Aim of the task: Each line in the records below, from the one that contains "length-serve_nodes (n ∷" to the one that contains "-- A fraction", should be reproduced exactly, the first and last included.

Task inputs Block Start

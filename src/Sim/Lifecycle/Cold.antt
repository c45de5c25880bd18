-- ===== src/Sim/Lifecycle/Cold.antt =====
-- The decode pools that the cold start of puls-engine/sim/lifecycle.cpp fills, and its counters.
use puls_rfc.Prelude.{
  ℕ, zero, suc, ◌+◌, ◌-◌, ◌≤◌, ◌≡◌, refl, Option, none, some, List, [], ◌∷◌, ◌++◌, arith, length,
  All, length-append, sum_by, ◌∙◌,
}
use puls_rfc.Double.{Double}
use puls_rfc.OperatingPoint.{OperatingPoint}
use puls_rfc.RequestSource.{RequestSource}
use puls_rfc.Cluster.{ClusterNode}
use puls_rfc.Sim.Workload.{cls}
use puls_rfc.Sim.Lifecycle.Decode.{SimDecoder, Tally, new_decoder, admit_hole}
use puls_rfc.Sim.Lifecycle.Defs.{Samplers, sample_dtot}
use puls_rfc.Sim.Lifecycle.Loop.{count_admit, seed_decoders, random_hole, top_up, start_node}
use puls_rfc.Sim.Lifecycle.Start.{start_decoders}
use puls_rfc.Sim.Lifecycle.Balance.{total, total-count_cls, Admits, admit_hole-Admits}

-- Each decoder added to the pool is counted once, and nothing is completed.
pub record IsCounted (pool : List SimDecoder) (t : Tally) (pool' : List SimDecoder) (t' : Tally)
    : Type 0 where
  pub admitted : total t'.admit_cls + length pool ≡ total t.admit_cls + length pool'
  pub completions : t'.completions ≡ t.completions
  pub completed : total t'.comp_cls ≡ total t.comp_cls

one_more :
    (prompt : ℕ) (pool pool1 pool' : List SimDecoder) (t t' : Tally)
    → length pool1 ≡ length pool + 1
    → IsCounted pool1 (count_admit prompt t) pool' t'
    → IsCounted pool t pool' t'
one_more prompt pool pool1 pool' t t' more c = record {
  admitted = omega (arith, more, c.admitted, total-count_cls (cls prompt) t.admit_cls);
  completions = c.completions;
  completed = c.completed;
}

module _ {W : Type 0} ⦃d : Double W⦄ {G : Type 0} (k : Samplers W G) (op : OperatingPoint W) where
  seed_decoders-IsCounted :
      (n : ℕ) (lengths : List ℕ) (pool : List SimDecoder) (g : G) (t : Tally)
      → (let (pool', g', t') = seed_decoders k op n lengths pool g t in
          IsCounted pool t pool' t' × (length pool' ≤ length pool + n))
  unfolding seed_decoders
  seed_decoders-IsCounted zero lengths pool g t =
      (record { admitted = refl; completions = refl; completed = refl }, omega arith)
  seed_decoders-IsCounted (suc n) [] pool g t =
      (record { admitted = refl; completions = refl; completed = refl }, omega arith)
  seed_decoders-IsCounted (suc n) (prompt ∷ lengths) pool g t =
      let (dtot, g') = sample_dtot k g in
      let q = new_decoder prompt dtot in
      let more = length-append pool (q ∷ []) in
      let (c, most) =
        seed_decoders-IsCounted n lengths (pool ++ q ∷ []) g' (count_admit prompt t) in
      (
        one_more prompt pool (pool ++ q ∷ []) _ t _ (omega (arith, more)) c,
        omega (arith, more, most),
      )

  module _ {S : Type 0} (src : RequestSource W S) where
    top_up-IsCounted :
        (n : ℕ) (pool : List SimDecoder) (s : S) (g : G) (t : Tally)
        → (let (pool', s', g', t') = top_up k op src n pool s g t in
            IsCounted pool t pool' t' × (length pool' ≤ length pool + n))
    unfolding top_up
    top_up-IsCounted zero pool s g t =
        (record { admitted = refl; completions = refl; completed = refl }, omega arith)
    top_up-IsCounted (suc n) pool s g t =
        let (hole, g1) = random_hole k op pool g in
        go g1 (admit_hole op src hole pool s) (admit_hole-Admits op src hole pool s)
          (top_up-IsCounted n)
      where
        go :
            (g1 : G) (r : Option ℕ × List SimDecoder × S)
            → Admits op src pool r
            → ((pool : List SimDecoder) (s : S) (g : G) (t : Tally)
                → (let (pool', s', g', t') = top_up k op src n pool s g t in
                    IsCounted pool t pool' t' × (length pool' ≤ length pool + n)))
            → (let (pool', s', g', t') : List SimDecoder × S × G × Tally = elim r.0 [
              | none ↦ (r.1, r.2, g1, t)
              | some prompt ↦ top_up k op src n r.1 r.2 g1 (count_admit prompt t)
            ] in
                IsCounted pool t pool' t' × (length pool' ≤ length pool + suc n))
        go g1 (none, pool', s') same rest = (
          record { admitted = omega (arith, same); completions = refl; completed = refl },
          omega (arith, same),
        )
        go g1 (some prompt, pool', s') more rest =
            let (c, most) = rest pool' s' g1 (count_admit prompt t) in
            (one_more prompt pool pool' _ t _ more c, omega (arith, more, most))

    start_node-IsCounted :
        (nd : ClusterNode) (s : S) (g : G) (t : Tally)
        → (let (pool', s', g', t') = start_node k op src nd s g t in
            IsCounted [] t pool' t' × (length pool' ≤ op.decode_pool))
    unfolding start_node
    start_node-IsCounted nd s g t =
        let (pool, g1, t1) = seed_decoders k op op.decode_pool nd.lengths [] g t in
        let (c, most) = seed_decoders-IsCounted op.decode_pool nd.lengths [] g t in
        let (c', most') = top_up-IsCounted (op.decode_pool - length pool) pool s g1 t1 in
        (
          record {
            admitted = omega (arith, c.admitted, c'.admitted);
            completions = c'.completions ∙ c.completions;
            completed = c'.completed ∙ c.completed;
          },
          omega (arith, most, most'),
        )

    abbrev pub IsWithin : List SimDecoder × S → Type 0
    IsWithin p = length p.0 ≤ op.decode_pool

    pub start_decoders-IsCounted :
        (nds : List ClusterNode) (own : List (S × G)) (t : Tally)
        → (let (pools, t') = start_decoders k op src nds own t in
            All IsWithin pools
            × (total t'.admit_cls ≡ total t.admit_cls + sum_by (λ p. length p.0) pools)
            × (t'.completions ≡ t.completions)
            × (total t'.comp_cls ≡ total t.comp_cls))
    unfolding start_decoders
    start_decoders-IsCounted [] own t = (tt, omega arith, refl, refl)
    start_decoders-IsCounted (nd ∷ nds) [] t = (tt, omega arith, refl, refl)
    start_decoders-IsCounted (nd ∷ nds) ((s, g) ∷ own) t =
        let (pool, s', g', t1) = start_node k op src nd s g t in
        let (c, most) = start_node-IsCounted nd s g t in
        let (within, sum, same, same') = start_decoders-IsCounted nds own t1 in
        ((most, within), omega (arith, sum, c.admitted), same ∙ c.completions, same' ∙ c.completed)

Task inputs Block End
Task inputs Block Start

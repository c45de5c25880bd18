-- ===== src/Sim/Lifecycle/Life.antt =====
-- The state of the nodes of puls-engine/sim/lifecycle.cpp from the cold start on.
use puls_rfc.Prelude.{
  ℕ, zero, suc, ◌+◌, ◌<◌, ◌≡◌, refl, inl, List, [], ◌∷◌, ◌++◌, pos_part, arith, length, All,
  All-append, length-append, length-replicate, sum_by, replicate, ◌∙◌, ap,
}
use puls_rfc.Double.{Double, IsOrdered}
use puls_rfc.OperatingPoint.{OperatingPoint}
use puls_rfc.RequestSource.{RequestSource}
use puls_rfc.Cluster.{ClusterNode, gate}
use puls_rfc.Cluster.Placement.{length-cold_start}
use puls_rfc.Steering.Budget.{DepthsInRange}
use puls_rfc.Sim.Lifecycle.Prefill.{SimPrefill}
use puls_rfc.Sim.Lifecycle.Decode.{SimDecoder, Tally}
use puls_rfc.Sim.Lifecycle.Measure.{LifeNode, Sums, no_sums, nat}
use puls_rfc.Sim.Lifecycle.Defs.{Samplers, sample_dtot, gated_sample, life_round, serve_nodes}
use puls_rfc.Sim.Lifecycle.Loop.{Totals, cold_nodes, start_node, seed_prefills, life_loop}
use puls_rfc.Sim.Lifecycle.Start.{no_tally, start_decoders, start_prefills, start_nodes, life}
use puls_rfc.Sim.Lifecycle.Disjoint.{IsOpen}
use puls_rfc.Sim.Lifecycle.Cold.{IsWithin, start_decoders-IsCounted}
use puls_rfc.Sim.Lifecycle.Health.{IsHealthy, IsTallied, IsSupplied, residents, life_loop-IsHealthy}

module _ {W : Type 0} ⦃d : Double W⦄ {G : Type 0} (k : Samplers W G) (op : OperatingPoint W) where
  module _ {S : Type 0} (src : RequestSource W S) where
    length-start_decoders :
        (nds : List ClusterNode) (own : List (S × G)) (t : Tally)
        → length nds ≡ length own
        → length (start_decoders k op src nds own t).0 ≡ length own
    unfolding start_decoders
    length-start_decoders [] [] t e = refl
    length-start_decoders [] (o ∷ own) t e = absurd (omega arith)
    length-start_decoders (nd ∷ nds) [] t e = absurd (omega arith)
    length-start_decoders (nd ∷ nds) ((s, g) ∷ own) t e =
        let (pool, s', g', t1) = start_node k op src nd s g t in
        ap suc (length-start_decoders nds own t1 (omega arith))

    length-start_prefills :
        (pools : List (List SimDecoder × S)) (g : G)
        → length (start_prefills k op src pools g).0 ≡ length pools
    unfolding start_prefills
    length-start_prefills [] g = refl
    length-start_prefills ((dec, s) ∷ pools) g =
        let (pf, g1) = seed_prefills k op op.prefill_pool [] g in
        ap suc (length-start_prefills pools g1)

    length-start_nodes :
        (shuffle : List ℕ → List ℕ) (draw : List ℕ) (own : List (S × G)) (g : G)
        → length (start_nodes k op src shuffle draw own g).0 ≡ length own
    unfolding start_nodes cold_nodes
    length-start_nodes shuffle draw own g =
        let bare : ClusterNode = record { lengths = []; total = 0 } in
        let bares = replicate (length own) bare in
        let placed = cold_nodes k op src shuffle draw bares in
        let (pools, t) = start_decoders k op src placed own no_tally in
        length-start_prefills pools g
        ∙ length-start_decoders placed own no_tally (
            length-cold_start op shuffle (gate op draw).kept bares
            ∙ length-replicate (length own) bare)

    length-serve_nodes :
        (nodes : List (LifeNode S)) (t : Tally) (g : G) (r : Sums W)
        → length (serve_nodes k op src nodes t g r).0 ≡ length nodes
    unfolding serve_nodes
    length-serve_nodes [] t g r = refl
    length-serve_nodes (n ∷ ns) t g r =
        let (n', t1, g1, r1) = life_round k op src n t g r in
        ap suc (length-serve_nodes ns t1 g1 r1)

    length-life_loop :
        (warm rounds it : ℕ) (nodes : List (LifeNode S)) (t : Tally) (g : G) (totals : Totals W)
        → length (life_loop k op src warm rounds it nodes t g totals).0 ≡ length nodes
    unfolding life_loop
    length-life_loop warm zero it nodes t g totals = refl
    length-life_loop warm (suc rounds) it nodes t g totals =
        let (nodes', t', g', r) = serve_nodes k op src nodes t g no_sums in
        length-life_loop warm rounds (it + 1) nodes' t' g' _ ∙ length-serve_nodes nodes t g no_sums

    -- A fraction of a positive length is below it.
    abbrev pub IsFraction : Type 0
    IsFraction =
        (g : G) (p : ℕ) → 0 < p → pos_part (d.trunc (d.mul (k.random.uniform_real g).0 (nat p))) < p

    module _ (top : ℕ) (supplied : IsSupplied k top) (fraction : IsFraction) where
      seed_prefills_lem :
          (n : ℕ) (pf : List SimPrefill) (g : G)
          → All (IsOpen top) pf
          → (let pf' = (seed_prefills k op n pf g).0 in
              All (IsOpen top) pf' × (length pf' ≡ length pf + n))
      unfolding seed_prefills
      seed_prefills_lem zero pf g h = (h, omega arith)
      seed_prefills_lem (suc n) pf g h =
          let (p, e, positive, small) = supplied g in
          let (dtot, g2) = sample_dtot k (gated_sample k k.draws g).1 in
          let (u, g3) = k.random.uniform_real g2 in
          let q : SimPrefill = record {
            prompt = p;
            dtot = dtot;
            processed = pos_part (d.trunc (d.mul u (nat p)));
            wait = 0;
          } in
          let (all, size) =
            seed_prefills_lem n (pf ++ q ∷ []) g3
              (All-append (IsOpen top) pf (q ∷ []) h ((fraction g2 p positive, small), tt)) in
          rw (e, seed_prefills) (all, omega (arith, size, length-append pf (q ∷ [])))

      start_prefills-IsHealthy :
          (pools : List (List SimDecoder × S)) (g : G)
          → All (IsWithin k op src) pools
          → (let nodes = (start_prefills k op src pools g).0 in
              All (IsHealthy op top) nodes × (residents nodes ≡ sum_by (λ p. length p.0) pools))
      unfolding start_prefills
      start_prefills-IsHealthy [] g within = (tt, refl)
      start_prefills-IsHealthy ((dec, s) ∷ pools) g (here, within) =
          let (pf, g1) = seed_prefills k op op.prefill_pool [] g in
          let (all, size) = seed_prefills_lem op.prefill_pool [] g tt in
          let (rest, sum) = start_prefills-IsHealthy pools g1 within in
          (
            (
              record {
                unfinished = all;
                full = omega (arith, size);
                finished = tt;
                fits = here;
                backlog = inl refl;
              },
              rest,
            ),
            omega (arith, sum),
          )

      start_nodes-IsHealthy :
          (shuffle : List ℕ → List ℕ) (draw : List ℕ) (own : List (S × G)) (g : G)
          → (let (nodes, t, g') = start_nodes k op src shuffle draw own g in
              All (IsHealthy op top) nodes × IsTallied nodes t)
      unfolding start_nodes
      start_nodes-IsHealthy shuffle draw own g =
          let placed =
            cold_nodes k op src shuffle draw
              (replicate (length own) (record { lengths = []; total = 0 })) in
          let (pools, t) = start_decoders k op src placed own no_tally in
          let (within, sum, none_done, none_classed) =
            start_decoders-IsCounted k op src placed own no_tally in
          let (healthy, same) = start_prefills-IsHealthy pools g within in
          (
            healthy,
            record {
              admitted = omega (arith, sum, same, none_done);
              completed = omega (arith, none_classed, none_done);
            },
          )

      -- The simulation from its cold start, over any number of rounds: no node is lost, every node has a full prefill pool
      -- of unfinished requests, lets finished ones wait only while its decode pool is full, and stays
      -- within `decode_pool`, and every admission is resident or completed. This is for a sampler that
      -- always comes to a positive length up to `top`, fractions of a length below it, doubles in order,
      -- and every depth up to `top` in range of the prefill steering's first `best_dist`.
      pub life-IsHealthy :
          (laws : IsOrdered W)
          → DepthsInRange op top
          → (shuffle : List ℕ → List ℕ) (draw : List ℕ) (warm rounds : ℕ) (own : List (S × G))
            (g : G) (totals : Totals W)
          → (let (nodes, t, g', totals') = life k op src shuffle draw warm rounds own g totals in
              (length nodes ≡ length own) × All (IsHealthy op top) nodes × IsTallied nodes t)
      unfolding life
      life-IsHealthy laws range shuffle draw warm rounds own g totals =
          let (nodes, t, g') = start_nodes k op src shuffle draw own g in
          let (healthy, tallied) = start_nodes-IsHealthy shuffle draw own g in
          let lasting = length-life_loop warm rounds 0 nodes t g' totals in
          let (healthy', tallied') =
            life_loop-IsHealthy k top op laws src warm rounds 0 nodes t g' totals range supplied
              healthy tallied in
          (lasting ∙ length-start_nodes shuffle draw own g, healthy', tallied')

Task inputs Block End
Task inputs Block Start

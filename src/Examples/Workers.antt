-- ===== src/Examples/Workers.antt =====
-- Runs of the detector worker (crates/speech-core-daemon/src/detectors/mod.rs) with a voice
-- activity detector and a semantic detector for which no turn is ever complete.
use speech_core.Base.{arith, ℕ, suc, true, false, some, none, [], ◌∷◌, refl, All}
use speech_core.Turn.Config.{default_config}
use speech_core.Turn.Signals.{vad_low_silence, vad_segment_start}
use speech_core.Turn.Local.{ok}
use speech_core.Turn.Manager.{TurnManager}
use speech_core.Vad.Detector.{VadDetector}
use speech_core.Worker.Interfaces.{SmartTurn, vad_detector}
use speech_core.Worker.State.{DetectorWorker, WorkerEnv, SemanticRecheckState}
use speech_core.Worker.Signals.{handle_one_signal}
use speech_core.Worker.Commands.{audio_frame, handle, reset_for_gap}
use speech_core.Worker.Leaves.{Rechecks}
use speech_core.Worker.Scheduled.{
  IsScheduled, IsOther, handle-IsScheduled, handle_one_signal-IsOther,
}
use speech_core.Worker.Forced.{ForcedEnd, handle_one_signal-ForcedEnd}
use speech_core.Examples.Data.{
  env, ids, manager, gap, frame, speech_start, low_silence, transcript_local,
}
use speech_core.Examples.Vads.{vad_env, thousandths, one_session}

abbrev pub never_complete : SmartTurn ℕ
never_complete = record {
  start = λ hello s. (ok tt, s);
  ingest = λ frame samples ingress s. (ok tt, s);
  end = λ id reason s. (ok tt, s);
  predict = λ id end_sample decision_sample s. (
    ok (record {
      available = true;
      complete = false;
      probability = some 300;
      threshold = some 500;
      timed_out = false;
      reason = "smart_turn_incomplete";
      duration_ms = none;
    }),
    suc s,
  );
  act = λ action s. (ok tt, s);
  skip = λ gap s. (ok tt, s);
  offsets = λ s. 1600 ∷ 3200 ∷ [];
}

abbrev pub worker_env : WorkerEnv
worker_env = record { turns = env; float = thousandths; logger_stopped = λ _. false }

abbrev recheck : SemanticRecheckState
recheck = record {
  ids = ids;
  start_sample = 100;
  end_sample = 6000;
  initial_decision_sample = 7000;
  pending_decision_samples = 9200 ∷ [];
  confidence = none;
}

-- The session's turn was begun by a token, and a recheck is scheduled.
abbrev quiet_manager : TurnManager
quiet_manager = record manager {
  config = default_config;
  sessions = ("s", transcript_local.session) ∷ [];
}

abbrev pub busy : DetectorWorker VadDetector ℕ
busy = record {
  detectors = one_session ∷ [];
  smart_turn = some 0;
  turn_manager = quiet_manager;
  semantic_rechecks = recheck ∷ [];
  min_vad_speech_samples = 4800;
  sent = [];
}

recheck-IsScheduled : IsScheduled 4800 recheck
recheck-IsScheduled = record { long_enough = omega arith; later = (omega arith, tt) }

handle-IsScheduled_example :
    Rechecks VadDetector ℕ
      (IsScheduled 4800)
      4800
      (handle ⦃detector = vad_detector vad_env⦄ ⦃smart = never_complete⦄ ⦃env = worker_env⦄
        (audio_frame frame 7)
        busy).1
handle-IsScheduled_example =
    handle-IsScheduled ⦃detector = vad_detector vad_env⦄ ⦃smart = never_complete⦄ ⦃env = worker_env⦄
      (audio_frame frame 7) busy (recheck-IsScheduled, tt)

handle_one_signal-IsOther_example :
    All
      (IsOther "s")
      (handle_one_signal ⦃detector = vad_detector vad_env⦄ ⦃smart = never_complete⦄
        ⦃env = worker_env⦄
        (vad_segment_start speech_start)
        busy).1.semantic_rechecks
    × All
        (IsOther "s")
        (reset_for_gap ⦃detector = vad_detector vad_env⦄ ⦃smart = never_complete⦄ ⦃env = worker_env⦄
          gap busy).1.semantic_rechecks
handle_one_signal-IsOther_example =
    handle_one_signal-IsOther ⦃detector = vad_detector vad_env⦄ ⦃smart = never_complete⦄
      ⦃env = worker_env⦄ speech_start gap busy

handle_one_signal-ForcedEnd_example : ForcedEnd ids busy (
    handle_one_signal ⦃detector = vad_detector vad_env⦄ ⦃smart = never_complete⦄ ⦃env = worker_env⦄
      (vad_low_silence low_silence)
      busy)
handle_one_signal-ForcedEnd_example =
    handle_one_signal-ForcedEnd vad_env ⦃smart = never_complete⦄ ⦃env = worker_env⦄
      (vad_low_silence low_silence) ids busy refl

Task inputs Block End

Reply:
    length-serve_nodes (n ∷ ns) t g r =
        let (n', t1, g1, r1) = life_round k op src n t g r in
        ap suc (length-serve_nodes ns t1 g1 r1)

    length-life_loop :
        (warm rounds it : ℕ) (nodes : List (LifeNode S)) (t : Tally) (g : G) (totals : Totals W)
        → length (life_loop k op src warm rounds it nodes t g totals).0 ≡ length nodes
    unfolding life_loop
    length-life_loop warm zero it nodes t g totals = refl
    length-life_loop warm (suc rounds) it nodes t g totals =
        let (nodes', t', g', r) = serve_nodes k op src nodes t g no_sums in
        length-life_loop warm rounds (it + 1) nodes' t' g' _ ∙ length-serve_nodes nodes t g no_sums

    -- A fraction of a positive length is below it.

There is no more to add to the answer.